# How to solder



## ScareFX (Aug 18, 2004)

A pretty good *Instructable* for beginners that would like to learn a bit about soldering for their next prop project.

http://www.instructables.com/id/E30LR180T4EWP872BS/?ALLSTEPS


----------



## Fangs (Jun 6, 2006)

Sveet! Thank you very much! I tried using that cold heat thingy....  grrrr.... Can't wait to sit down and read the rest of this! Thanx again ScareFx! :>


----------



## Northern Touch (Nov 8, 2006)

what do u mean? I use the cool heat solder for all my small projects works great for me I will say it not good for big jobs but in the shop for small detail works great...I work in the car audio business so I do alot of soldering just my thouhgts....


----------



## Fangs (Jun 6, 2006)

Hey Northern Touch, you must be one of the lucky ones. Could you give me some pointers on how to use it? :> I got it mainly to repair jewelry and solder small things together and it worked *once* for me.
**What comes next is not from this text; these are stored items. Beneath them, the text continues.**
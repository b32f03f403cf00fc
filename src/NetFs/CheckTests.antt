-- ===== src/NetFs/CheckTests.antt =====
-- Tests of what client_src/netfs.cpp keeps in the cache and drops, and the theorems on it at
-- concrete inputs.
use net_fs.Prelude.{
  ℕ, suc, List, [], ◌∷◌, none, false, find, at, put, erase, str_eq, nat_eq, string_eq, ok, err,
  assertion, ◌≡◌, ◌≢◌, ◌⊎◌, refl, arith,
}
use net_fs.Time.{FileTime, file_time_eq, file_time_ne, time_spec_eq}
use net_fs.Msg
use net_fs.Cache.State.{FileAttr, Cache}
use net_fs.Cache.Blocks.{delete_entry_beyond, drop_beyond}
use net_fs.Cache.Ops.{is_stale, get_file_time, invalidate}
use net_fs.Cache.Sound.{IsSound}
use net_fs.Cache.SoundOps.{new_file-IsSound}
use net_fs.Cache.Reach.{new_cache, new_cache-IsSound}
use net_fs.NetFs.State.{Peer, NetFs, exchange, as_access}
use net_fs.NetFs.Ops.{access, stat, unlink, rename, with_cache, drop_if_changed}
use net_fs.NetFs.Checking.{UpToDate, KeptIf, access_lem, stat_lem}
use net_fs.NetFs.Dropping.{GoneIf, BothGone, unlink_lem, rename_lem}

abbrev pub name : List ℕ
name = 97 ∷ []

abbrev other : List ℕ
other = 98 ∷ []

abbrev pub early : FileTime
early = record {
  atime = record { time_sec = 1; time_nsec = 0 };
  ctime = record { time_sec = 2; time_nsec = 0 };
  mtime = record { time_sec = 3; time_nsec = 0 };
}

abbrev late : FileTime
late = record early { mtime = record { time_sec = 4; time_nsec = 0 } }

abbrev pub attr : FileAttr
attr = record { size = 3; mode = 33188; time = early }

abbrev known : Cache
known = record {
  file_map = (name, record { stale = false; attr = attr; entries = [] }) ∷ [];
  recent_list = [];
  next_node = 0;
  block_size = 4;
  last_read_hit = false;
}

known-IsSound : IsSound known
unfolding new_cache find put
known-IsSound =
    new_file-IsSound (new_cache 4) name attr (new_cache-IsSound 4 (omega arith) (omega arith)) refl

abbrev mounted : NetFs ℕ
mounted = record {
  link = record { msg_id = 4; behind = 0 };
  cache = known;
  max_cache_entry = 8;
  evict_count = 2;
  flush_interval = 16;
  write_op_count = 0;
}

-- A server on which files were changed, and whose state counts the messages.
abbrev server : Peer ℕ
server (Msg.access m) p = ok (Msg.access_resp (record { id = m.id; error = 0; time = late }), suc p)
server (Msg.stat m) p = ok (
  Msg.stat_resp
      (record { id = m.id; error = 2; stat = record { size = 0; mode = 0; time = early } }),
  suc p,
)
server (Msg.unlink m) p = ok (Msg.unlink_resp (record { id = m.id; error = 0 }), suc p)
server (Msg.rename m) p = ok (Msg.rename_resp (record { id = m.id; error = 0 }), suc p)
server msg p = err assertion

abbrev after : Cache → NetFs ℕ
after c = with_cache mounted c (record { msg_id = 5; behind = 1 })

-- A changed file is dropped.
access_drops : access server name mounted ≡ ok (0, after (record known { file_map = [] }))
unfolding access exchange as_access drop_if_changed is_stale get_file_time file_time_ne file_time_eq
    time_spec_eq invalidate delete_entry_beyond drop_beyond find at erase put str_eq
access_drops = refl

access_lem_example :
    (c' : Cache) × (access server name mounted ≡ ok (0, after c'))
    × KeptIf ((◌≡◌ {A = ℕ} 0 0) × UpToDate known name late) name known c'
access_lem_example =
    access_lem server name mounted 1 known-IsSound (record { id = 4; error = 0; time = late }) refl
      refl

stat_lem_example :
    (c' : Cache) × (stat server name mounted ≡ ok (2, none, after c'))
    × KeptIf ((◌≡◌ {A = ℕ} 2 0) × UpToDate known name early) name known c'
stat_lem_example =
    stat_lem server name mounted 1 known-IsSound
      (record { id = 4; error = 2; stat = record { size = 0; mode = 0; time = early } }) refl refl

unlink_lem_example :
    (c' : Cache) × (unlink server name mounted ≡ ok (0, after c')) × GoneIf 0 name known c'
unlink_lem_example =
    unlink_lem server name mounted 1 known-IsSound (record { id = 4; error = 0 }) refl refl

rename_lem_example :
    (c' : Cache) × (rename server name other 0 mounted ≡ ok (0, after c'))
    × (((◌≡◌ {A = ℕ} 0 0) × BothGone name other known c') ⊎ ((◌≢◌ {A = ℕ} 0 0) × (c' ≡ known)))
rename_lem_example =
    rename_lem server name mounted 1 known-IsSound other 0 (record { id = 4; error = 0 }) refl refl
I've tried replacing the batteries and that didn't seem to make a difference..... I loved it when it worked.... Thanks for any kind of help you could give! :>


----------



## turtle2778 (Jul 9, 2006)

HUH...anyone else use it??? I wanted to get it too, but if it doesnt work well ill just cough up the cash and get the real thing.


----------



## ScareShack (May 26, 2006)

My opinion, ditch the Hot cold soldering gun, they are a pain to use, i had one and took it back. Get a traditional soldering iron and and starty from there. The hot cold gun has two small tips that need to make contact to warm up, it just makes it a real pain to use, especially for someon just starting.


----------



## Beepem (Jul 17, 2006)

the cold heat is the worst soldering gun ever. get a real one you baby! =] but really its so much better to use regular 40 watt or 20 watt ones


----------



## DeathTouch (Sep 6, 2005)

Yea, trust Beepem, you want a real soldering Iron.


----------



## Otaku (Dec 3, 2004)

If you've got the $$, get a MetCal model 200. The tips are easily changable cartridges, and come in a variety of temperatures.


----------